Highlights from the analysis by TheStreet Ratings Team goes as follows:
- The revenue growth greatly exceeded the industry average of 7.7%. Since the same quarter one year prior, revenues rose by 28.3%. This growth in revenue does not appear to have trickled down to the company's bottom line, displayed by a decline in earnings per share.
- Net operating cash flow has increased to $1,053.00 million or 20.61% when compared to the same quarter last year. The firm also exceeded the industry average cash flow growth rate of -23.28%.
- CHESAPEAKE ENERGY CORP has experienced a steep decline in earnings per share in the most recent quarter in comparison to its performance from the same quarter a year ago. This company has reported somewhat volatile earnings recently. But, we feel it is poised for EPS growth in the coming year. During the past fiscal year, CHESAPEAKE ENERGY CORP turned its bottom line around by earning $0.68 versus -$1.62 in the prior year. This year, the market expects an improvement in earnings ($1.90 versus $0.68).
- The company, on the basis of change in net income from the same quarter one year ago, has significantly underperformed when compared to that of the S&P 500 and the Oil, Gas & Consumable Fuels industry.
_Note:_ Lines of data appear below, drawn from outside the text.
-- ===== src/Prompt/Bounds.antt =====
-- The lengths of trimmed prompts, and what they keep of the text.
use Prim.Native.Nat.{min}
use knowlega.Base.{
  ℕ, ◌+◌, ◌-◌, ◌/◌, ◌≤◌, ◌<◌, ◌≡◌, refl, inl, inr, ◌++◌, arith, leb, ◌=ℕ◌, length, length-append,
  length-take, length-drop, take, drop, three_parts, Bool-cases,
}
use knowlega.Prompt.{
  Runes, truncation_marker, trim_middle, trim_end, ellipsis, system_budget, separator_reserve,
  budget_chat_input,
}

marker_length : length truncation_marker ≡ 83
unfolding truncation_marker
marker_length = refl

length-spliced :
    (text : Runes) (max_runes r : ℕ)
    → r + length truncation_marker ≡ max_runes
    → max_runes < length text
    → length (take (r / 2) text ++ (truncation_marker ++ drop (length text - (r - r / 2)) text))
      ≡ min (length text) max_runes
length-spliced text max_runes r e h = omega (
  arith,
  length-append (take (r / 2) text) (truncation_marker ++ drop (length text - (r - r / 2)) text),
  length-append truncation_marker (drop (length text - (r - r / 2)) text),
  length-take (r / 2) text,
  length-drop (length text - (r - r / 2)) text,
)

length-trim_middle :
    (text : Runes) (max_runes : ℕ)
    → length (trim_middle text max_runes) ≡ min (length text) max_runes
unfolding trim_middle
length-trim_middle text max_runes = elim (Bool-cases (max_runes =ℕ 0)) [
  | inl z ↦ rw z (ground arith)
  | inr nz ↦ rw nz (elim (Bool-cases (leb (length text) max_runes)) [
    | inl fits ↦ rw fits (ground arith)
    | inr long ↦ rw long (elim (Bool-cases (leb max_runes (length truncation_marker))) [
      | inl short ↦ rw short (ground (arith, length-take max_runes text))
      | inr room ↦ rw room (
          length-spliced text max_runes (max_runes - length truncation_marker) (ground arith)
            (ground arith))
    ])
  ])
]

length-trim_end :
    (text : Runes) (max_runes : ℕ) → length (trim_end text max_runes) ≡ min (length text) max_runes
unfolding trim_end
length-trim_end text max_runes = ground (
  arith,
  length-take max_runes text,
  length-take (max_runes - 3) text,
  length-append (take (max_runes - 3) text) ellipsis,
)

-- A text trimmed in the middle, or at its end, has its own length or the bound, whichever is less.
pub length-trim :
    (text : Runes) (max_runes : ℕ)
    → (length (trim_middle text max_runes) ≡ min (length text) max_runes)
      × (length (trim_end text max_runes) ≡ min (length text) max_runes)
length-trim text max_runes = (length-trim_middle text max_runes, length-trim_end text max_runes)

-- A text that is longer than the bound keeps a head and a tail round the marker, where the marker
-- fits; the two have the rest of the bound between them, and the tail is at most one rune longer.
pub trim_middle_keeps :
    (text : Runes) (max_runes : ℕ)
    → length truncation_marker < max_runes
    → max_runes < length text
    → (head : Runes) × (middle : Runes) × (tail : Runes) × (text ≡ head ++ (middle ++ tail))
      × (trim_middle text max_runes ≡ head ++ (truncation_marker ++ tail))
      × (length head + length tail + length truncation_marker ≡ max_runes)
      × (length head ≤ length tail)
      × (length tail ≤ length head + 1)
unfolding trim_middle
trim_middle_keeps text max_runes room long =
    let r = max_runes - length truncation_marker in
    let n = length text - (r - r / 2) in
    (
      take (r / 2) text,
      take (n - r / 2) (drop (r / 2) text),
      drop n text,
      three_parts (r / 2) n text (omega arith),
      ground arith,
      omega (arith, length-take (r / 2) text, length-drop n text),
      omega (arith, length-take (r / 2) text, length-drop n text),
      omega (arith, length-take (r / 2) text, length-drop n text),
    )

-- Where the budget leaves room for the reserve and 512 runes of the system prompt, system, user and
-- reserve together stay within it.
pub budget_within :
    (system user : Runes) (max_input : ℕ)
    → 576 ≤ max_input
    → length (budget_chat_input system user max_input).0
        + length (budget_chat_input system user max_input).1
        + separator_reserve
      ≤ max_input
unfolding budget_chat_input
budget_within system user max_input h = ground (
  arith,
  length-trim_end system (system_budget max_input),
  length-trim_middle user (max_input - length system - separator_reserve),
  length-trim_middle user
      (max_input - length (trim_end system (system_budget max_input)) - separator_reserve),
)

-- A budget of less than 512 runes does not bound the system prompt: one that is longer than 512 runes
-- is cut to 512, which alone passes the budget.
pub budget_passed :
    (system user : Runes) (max_input : ℕ)
    → 0 < max_input
    → max_input < 512
    → 512 ≤ length system
    → max_input < length (budget_chat_input system user max_input).0
unfolding budget_chat_input
budget_passed system user max_input pos small long =
    ground (arith, length-trim_end system (system_budget max_input))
The net income has significantly decreased by 138.7% when compared to the same quarter one year ago, falling from $300.00 million to -$116.00 million.
- The gross profit margin for CHESAPEAKE ENERGY CORP is currently lower than what is desirable, coming in at 29.29%. It has decreased from the same quarter the previous year. Along with this, the net profit margin of -2.55% trails that of the industry average.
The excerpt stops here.